The major entity at play, of course, is the hotel property itself, to which other entities are linked such as:
- Contact information sourced from the hotel, Google’s local data, Google users, and third-party sources
- Hotel class ratings assigned by Google based on data from “third-party partners, direct research, feedback from hoteliers, and machine learning inference that examines and evaluates hotel attributes, such as price, location, room size, and amenities”

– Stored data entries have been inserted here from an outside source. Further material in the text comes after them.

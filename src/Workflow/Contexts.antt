-- ===== src/Workflow/Contexts.antt =====
-- agent_control/workflow/scheduler.py: the values of a workflow through a round of `run`: none is lost.
use freaky_monkey.Base.{
  String, true, Option, none, some, List, [], ◌∷◌, ◌≡◌, refl, arith, all, str_eq, inl, inr,
  Bool-cases,
}
use freaky_monkey.Base.Dict.{insert, has_key, lookup-insert}
use freaky_monkey.Json.{Value, null, bool, num, str, obj, arr, Fields, end, field, Params}
use freaky_monkey.Workflow.Model.{WorkflowStep}
use freaky_monkey.Workflow.Ready.{data_ok}
use freaky_monkey.Workflow.Run.{
  Payload, context_with, update_with, merge_output, store_output, output_value,
}

-- Every value of the first context is in the second.
abbrev pub Within : Params → Params → Type 0
Within m m' = (k : String) → has_key k m ≡ true → has_key k m' ≡ true

insert-Within : (k : String) (v : Value) (m : Params) → Within m (insert k v m)
insert-Within k v m j h = ground (arith, lookup-insert k j v m, h)

update_with-Within : (fs : Fields) (m : Params) → Within m (update_with fs m)
update_with-Within end m k h = h
update_with-Within (field j v fs) m k h =
    update_with-Within fs (insert j v m) k (insert-Within j v m k h)

pub context_with-Within : (p : Payload) (m : Params) → Within m (context_with p m)
unfolding context_with
context_with-Within p m k h =
    stored p.output_key (output_value p) (merge_output p.output m) k (merged p.output k h)
  where
    merged : (o : Option Value) → Within m (merge_output o m)
    merged none k h = h
    merged (some (obj fs)) k h = update_with-Within fs m k h
    merged (some null) k h = h
    merged (some (bool b)) k h = h
    merged (some (num n)) k h = h
    merged (some (str t)) k h = h
    merged (some (arr xs)) k h = h

    stored : (o : Option String) (v : Value) (c : Params) → Within c (store_output o v c)
    stored none v c k h = h
    stored (some j) v c k h = elim (Bool-cases (str_eq j "")) [
      | inl empty ↦ rw empty h
      | inr named ↦ rw named (insert-Within j v c k h)
    ]

pub data_ok-Within :
    (m m' : Params) (s : WorkflowStep) → Within m m' → data_ok m s ≡ true → data_ok m' s ≡ true
unfolding data_ok
data_ok-Within m m' s within h = each s.requires_data h
  where
    each : (ks : List String) → all (λ k. has_key k m) ks ≡ true → all (λ k. has_key k m') ks ≡ true
    each [] h = refl
    each (k ∷ ks) h = ground (arith, within k, each ks (ground arith))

- Booking rates from Google’s Hotel Ads marketplace
- Reviews from Google users, third-party reviews from booking sites like Expedia and travel sites like TripAdvisor, and first-party reviews (if available) sourced by the hotel itself
- Review summaries created by Google partner TrustYou
- Amenity data sourced from the hotel and from Google users
- Photos, videos, and 360 degree images sourced from the hotel, Google users, and third-party sites like Oyster
- Descriptive text sourced from Google’s editorial team, partially powered by web mining
- Neighborhood data including descriptive text and Google’s own location ratings
- Neighborhood maps with points of interest identified
- Nearby attractions pulled in from Google Maps
- Links to transportation and directions also from Google Maps
It’s an impressive compendium of data. For a while now, it has been assumed that Knowledge Panels represented the best showcase of Google entity data, and this remains true for many other businesses, celebrities, and historical figures. But Knowledge Panels generally work from a smaller set of data sources, such as Google Maps itself for businesses or Wikipedia for historical figures. Google Hotels represents a significantly expanded dataset with a more complex mix of sources, one that represents a step away from dependence on a pre-existing body of knowledge, and a step toward self-sufficient population of the Knowledge Graph.
To be sure, there are reasons why hotels would be an obvious choice for this evolutionary step. They are, after all, discrete entities in the world about which it is relatively straightforward to accumulate reliable, verifiable information. It’s a big leap from hotels to more controversial entities like Taiwan, Jerusalem, and Hillary Clinton. Wikipedia has been able to maintain a neutral position when dealing with controversy, in part due to the fact that well-managed crowdsourcing does an excellent job of evening out bias, and in part due to its old-school insistence on authoritative primary sources.
It remains to be seen how Google will ensure that the Knowledge Graph doesn’t place undue reliance on sources that shouldn’t be trusted but happen to contain readily parseable information. That’s just one of the many challenges inherent in the project. But the progress represented by Google Hotels suggests that Google is making a serious attempt at turning its patented technology into a reality, one that may augur a fundamental transformation in search.